Pessimistic Cardinality Estimation
Mahmoud Abo Khamis, Kyle Deeds, Dan Olteanu, Dan Suciu
TL;DR
Pessimistic Cardinality Estimation (PCE) addresses the problem of bounding query output sizes without full computation by providing guaranteed upper bounds instead of point estimates. The paper surveys a spectrum of PCE methods, grounded in degree sequences and information-theoretic inequalities, including the AGM bound, Chain Bound, Polymatroid Bound (PolyB), and Degree Sequence Bound (DSB), and explains how these bounds can be computed, combined, and compressed for practicality. It discusses practical considerations such as statistics selection, offline computation, conditional statistics, histograms, and handling of boolean predicates, as well as the tradeoffs between bound tightness, computation time, and compositionality.

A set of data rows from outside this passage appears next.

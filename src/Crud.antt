-- ===== src/Crud.antt =====
-- backend/app/services/base.py: the commit-or-rollback block, and the generic create, read,
-- update and delete service with its queue of governance events.
pub mod Blocks
pub mod Queue
pub mod Writes
pub mod Requests
pub mod Payloads
mod Tests
use attendence_v.Prelude.{
  ℕ, String, Bool, true, false, ◌&&◌, not, Option, none, some, List, [], ◌∷◌, ◌++◌, filter, take,
  drop, if◌then◌else◌, is_some, ◌==◌, ltb,
}
use mathlib.Core.Option
use attendence_v.Prelude.Double.{ℤ, pos, negsuc}
use attendence_v.Storage.{
  Db, Session, Platform, Error, Result, ok, raised, value_error, Exec, pure, ◌>>=◌, ◌>>◌, add,
  flush, rollback, commit, execute,
}
use attendence_v.Storage.Models.{GovernanceLog}
use attendence_v.Audit.{AuditEvent, emit}

module _ (p : Platform) {A : Type 0} where
  -- After a commit that fails the session is rolled back and the exception goes on.
  unfoldable pub conclude : A → Result (Unit {0}) × Session → Result A × Session
  conclude a (ok _, s) = (ok a, s)
  conclude a (raised x, s) = (raised x, rollback s)

  unfoldable pub close : Result A × Session → Result A × Session
  close (ok a, s) = conclude a (commit p s)
  close (raised x, s) = (raised x, rollback s)

  -- `async with self.transaction(): body`
  unfoldable pub transaction : Exec A → Exec A
  unfolding close conclude
  transaction body s = close (body s)

-- What a statement returned: a row, or the identifier of a deleted row.
pub data Written (R : Type 0) : Type 0 where
  row : R → Written R
  deleted : ℕ → Written R

-- An entry of `_pending_audit`: an event, or a factory of one.
pub data Pending (R : Type 0) : Type 0 where
  event : AuditEvent → Pending R
  factory : (Written R → AuditEvent) → Pending R

-- The table of a model: its rows, and the database with other rows in it.
pub record Table (R : Type 0) : Type 0 where
  pub rows : Db → List R
  pub replace : List R → Db → Db
  pub id : R → ℕ

pub record Service (R : Type 0) : Type 0 where
  pub session : Session
  pub pending : List (Pending R)

-- The service that a request builds, for one call on its session.
unfoldable pub on_session : {R A : Type 0} → (Service R → Result A × Service R) → Exec A
on_session call s = let (r, v) = call (record { session = s; pending = [] }) in (r, v.session)

abbrev pub to_event : {R : Type 0} → Written R → Pending R → AuditEvent
to_event w (event e) = e
to_event w (factory f) = f w

module _ {R : Type 0} where
  -- `queue_audit_event`
  unfoldable pub queue_audit_event : Pending R → Service R → Service R
  queue_audit_event entry v = record v { pending = v.pending ++ entry ∷ [] }

  module _ (p : Platform) where
    -- `_drain_pending_audit`: entries leave the queue one by one as their rows are emitted.
    unfoldable pub drain :
        Written R → List (Pending R) → Session → Result (Unit {0}) × List (Pending R) × Session
    drain w [] s = (ok tt, [], s)
    drain w (entry ∷ rest) s = elim (emit p (to_event w entry) s).0 [
      | ok _ ↦ drain w rest (emit p (to_event w entry) s).1
      | raised x ↦ (raised x, rest, (emit p (to_event w entry) s).1)
    ]

    -- The end of `transaction` for a service: its handler also clears the queue.
    unfoldable pub finish :
        {A : Type 0} → A → Result (Unit {0}) × List (Pending R) × Session → Result A × Service R
    finish a (ok _, queue, s) = elim (commit p s).0 [
      | ok _ ↦ (ok a, record { session = (commit p s).1; pending = queue })
      | raised x ↦ (raised x, record { session = rollback (commit p s).1; pending = [] })
    ]
    finish a (raised x, queue, s) = (raised x, record { session = rollback s; pending = [] })

    -- The rest of the block after its statement: `returned` is the row that came back, if any.
    unfoldable pub drain_returned :
        Option (Written R)
        → List (Pending R)
        → Result (Unit {0}) × Session
        → Result (Unit {0}) × List (Pending R) × Session
    drain_returned returned queue (raised x, s) = (raised x, queue, s)
    drain_returned none queue (ok _, s) = (ok tt, queue, s)
    drain_returned (some w) queue (ok _, s) = drain w queue s

    -- The body of the write blocks: one statement, and the queue if it returned a row.
    unfoldable pub write :
        (Db → Db) → Option (Written R) → Service R → Result (Unit {0}) × List (Pending R) × Session
    unfolding drain_returned
    write statement returned v = drain_returned returned v.pending (execute p statement v.session)

    module _ (t : Table R) where
      abbrev pub find : ℕ → List R → Option R
      find k [] = none
      find k (r ∷ rs) = if k == t.id r then some r else find k rs

      -- `get`
      unfoldable pub get : ℕ → Service R → Option R
      get k v = find k (t.rows v.session.working)

      -- `list`, with the filters as one test and the database's order as a function.
      unfoldable pub list : ℤ → ℤ → (R → Bool) → (List R → List R) → Service R → Result (List R)
      list (negsuc _) limit keep order v =
          raised (value_error "offset must be greater than or equal to zero")
      list (pos offset) (negsuc _) keep order v =
          raised (value_error "limit must be greater than zero")
      list (pos offset) (pos limit) keep order v =
          if ltb limit 1
          then raised (value_error "limit must be greater than zero")
          else ok (take limit (drop offset (order (filter keep (t.rows v.session.working)))))

      abbrev pub insert_table : R → Db → Db
      insert_table r d = t.replace (t.rows d ++ r ∷ []) d

      -- `create`; `r` is the row of the payload, with its generated identifier.
      unfoldable pub create : R → Service R → Result R × Service R
      create r v = finish r (write (insert_table r) (some (row r)) v)

      -- The values of a patch, one function for each field that is set.
      abbrev pub patched : List (R → R) → R → R
      patched [] r = r
      patched (f ∷ fs) r = patched fs (f r)

      abbrev pub patch_rows : ℕ → List (R → R) → List R → List R
      patch_rows k values [] = []
      patch_rows k values (r ∷ rs) =
          let rest = patch_rows k values rs in
          if k == t.id r then patched values r ∷ rest else r ∷ rest

      abbrev pub patch_table : ℕ → List (R → R) → Db → Db
      patch_table k values d = t.replace (patch_rows k values (t.rows d)) d

      -- `update`: no values means no write, and the queue is dropped.
      unfoldable pub update : ℕ → List (R → R) → Service R → Result (Option R) × Service R
      update k [] v = (ok (get k v), record v { pending = [] })
      update k (f ∷ fs) v =
          finish (Option.map (patched (f ∷ fs)) (get k v)) (
            write (patch_table k (f ∷ fs)) (Option.map (λ r. row (patched (f ∷ fs) r)) (get k v)) v)

      abbrev pub remove_rows : ℕ → Db → Db
      remove_rows k d = t.replace (filter (λ r. not (k == t.id r)) (t.rows d)) d

      -- `delete`
      unfoldable pub delete : ℕ → Service R → Result Bool × Service R
      delete k v =
          finish (is_some (get k v))
            (write (remove_rows k) (Option.map (λ _. deleted k) (get k v)) v)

The work highlights the safety and composability advantages of PCE over traditional and ML-based estimators, while also outlining open questions about empirical evaluation, incremental updates, and applicability to cyclic queries. Overall, PCE provides a theoretically grounded, modular framework for safe cardinality bounding with potential to influence query optimization and resource planning.
Abstract
Cardinality Estimation is to estimate the size of the output of a query without computing it, by using only statistics on the input relations. Existing estimators try to return an unbiased estimate of the cardinality: this is notoriously difficult. A new class of estimators have been proposed recently, called "pessimistic estimators", which compute a guaranteed upper bound on the query output. Two recent advances have made pessimistic estimators practical. The first is the recent observation that degree sequences of the input relations can be used to compute query upper bounds. The second is a long line of theoretical results that have developed the use of information theoretic inequalities for query upper bounds. This paper is a short overview of pessimistic cardinality estimators, contrasting them with traditional estimators.